#### WHAT THIS TASK INVOLVES:
Produce word for word the lines of the data below running from the one that has "write-AllSound fresh_id job_id user now (some" to the one that has "inl y ↦ rw y", inclusive, and no others.

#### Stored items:
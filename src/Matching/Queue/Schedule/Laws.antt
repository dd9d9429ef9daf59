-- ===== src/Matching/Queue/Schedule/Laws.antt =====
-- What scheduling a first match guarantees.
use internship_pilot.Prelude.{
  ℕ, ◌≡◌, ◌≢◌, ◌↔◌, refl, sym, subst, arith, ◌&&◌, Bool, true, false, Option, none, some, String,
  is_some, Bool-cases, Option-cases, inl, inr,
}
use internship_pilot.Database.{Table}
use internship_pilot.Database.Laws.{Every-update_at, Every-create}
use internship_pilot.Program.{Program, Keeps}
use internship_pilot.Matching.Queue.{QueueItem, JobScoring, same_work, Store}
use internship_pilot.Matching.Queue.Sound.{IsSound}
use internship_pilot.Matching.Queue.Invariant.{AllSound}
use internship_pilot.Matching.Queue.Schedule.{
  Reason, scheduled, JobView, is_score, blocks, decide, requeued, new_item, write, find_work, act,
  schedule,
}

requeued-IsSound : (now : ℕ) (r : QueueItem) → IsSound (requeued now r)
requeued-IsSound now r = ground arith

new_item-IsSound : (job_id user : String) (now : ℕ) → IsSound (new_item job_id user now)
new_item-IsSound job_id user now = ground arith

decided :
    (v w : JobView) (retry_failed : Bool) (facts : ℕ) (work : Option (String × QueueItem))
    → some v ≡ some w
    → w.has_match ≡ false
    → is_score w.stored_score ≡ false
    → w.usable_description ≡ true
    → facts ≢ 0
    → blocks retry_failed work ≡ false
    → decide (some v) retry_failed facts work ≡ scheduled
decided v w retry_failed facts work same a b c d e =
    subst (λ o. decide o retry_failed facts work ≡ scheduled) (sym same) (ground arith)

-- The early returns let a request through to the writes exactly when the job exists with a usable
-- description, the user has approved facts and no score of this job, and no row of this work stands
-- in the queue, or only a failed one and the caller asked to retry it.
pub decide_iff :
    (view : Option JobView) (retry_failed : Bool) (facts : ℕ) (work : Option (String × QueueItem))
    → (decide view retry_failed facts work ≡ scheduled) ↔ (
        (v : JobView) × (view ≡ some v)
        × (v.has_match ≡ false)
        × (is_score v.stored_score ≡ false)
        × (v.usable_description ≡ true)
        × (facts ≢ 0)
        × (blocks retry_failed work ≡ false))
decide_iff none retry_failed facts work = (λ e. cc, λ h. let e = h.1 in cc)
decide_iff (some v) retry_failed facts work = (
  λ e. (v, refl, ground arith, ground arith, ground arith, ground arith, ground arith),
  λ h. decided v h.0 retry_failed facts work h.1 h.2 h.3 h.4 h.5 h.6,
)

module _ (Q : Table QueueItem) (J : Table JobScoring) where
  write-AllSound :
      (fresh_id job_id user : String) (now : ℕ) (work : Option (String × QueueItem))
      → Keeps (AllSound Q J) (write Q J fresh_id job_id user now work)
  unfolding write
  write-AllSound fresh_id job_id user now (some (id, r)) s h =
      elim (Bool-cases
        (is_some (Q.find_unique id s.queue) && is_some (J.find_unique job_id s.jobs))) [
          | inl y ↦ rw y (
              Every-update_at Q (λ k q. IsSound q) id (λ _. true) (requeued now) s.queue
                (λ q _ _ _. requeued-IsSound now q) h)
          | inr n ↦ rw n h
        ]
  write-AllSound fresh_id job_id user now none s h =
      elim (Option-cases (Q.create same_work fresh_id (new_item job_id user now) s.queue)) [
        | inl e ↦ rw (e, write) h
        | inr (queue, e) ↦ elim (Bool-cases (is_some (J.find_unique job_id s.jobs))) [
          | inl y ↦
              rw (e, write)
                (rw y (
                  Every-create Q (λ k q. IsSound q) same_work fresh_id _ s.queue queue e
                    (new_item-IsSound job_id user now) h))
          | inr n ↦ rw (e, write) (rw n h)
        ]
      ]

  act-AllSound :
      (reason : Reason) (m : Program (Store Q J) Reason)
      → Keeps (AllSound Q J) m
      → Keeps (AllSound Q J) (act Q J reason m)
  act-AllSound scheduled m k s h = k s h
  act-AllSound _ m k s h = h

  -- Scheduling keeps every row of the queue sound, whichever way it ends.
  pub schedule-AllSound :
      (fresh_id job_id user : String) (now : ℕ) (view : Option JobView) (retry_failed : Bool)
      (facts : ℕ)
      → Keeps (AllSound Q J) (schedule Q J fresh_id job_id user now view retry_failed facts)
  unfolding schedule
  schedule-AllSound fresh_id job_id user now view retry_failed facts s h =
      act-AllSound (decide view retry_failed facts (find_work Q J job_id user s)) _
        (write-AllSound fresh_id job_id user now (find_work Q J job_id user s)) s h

#### OUTPUT FOR THIS TASK:
  write-AllSound fresh_id job_id user now (some (id, r)) s h =
      elim (Bool-cases
        (is_some (Q.find_unique id s.queue) && is_some (J.find_unique job_id s.jobs))) [
          | inl y ↦ rw y (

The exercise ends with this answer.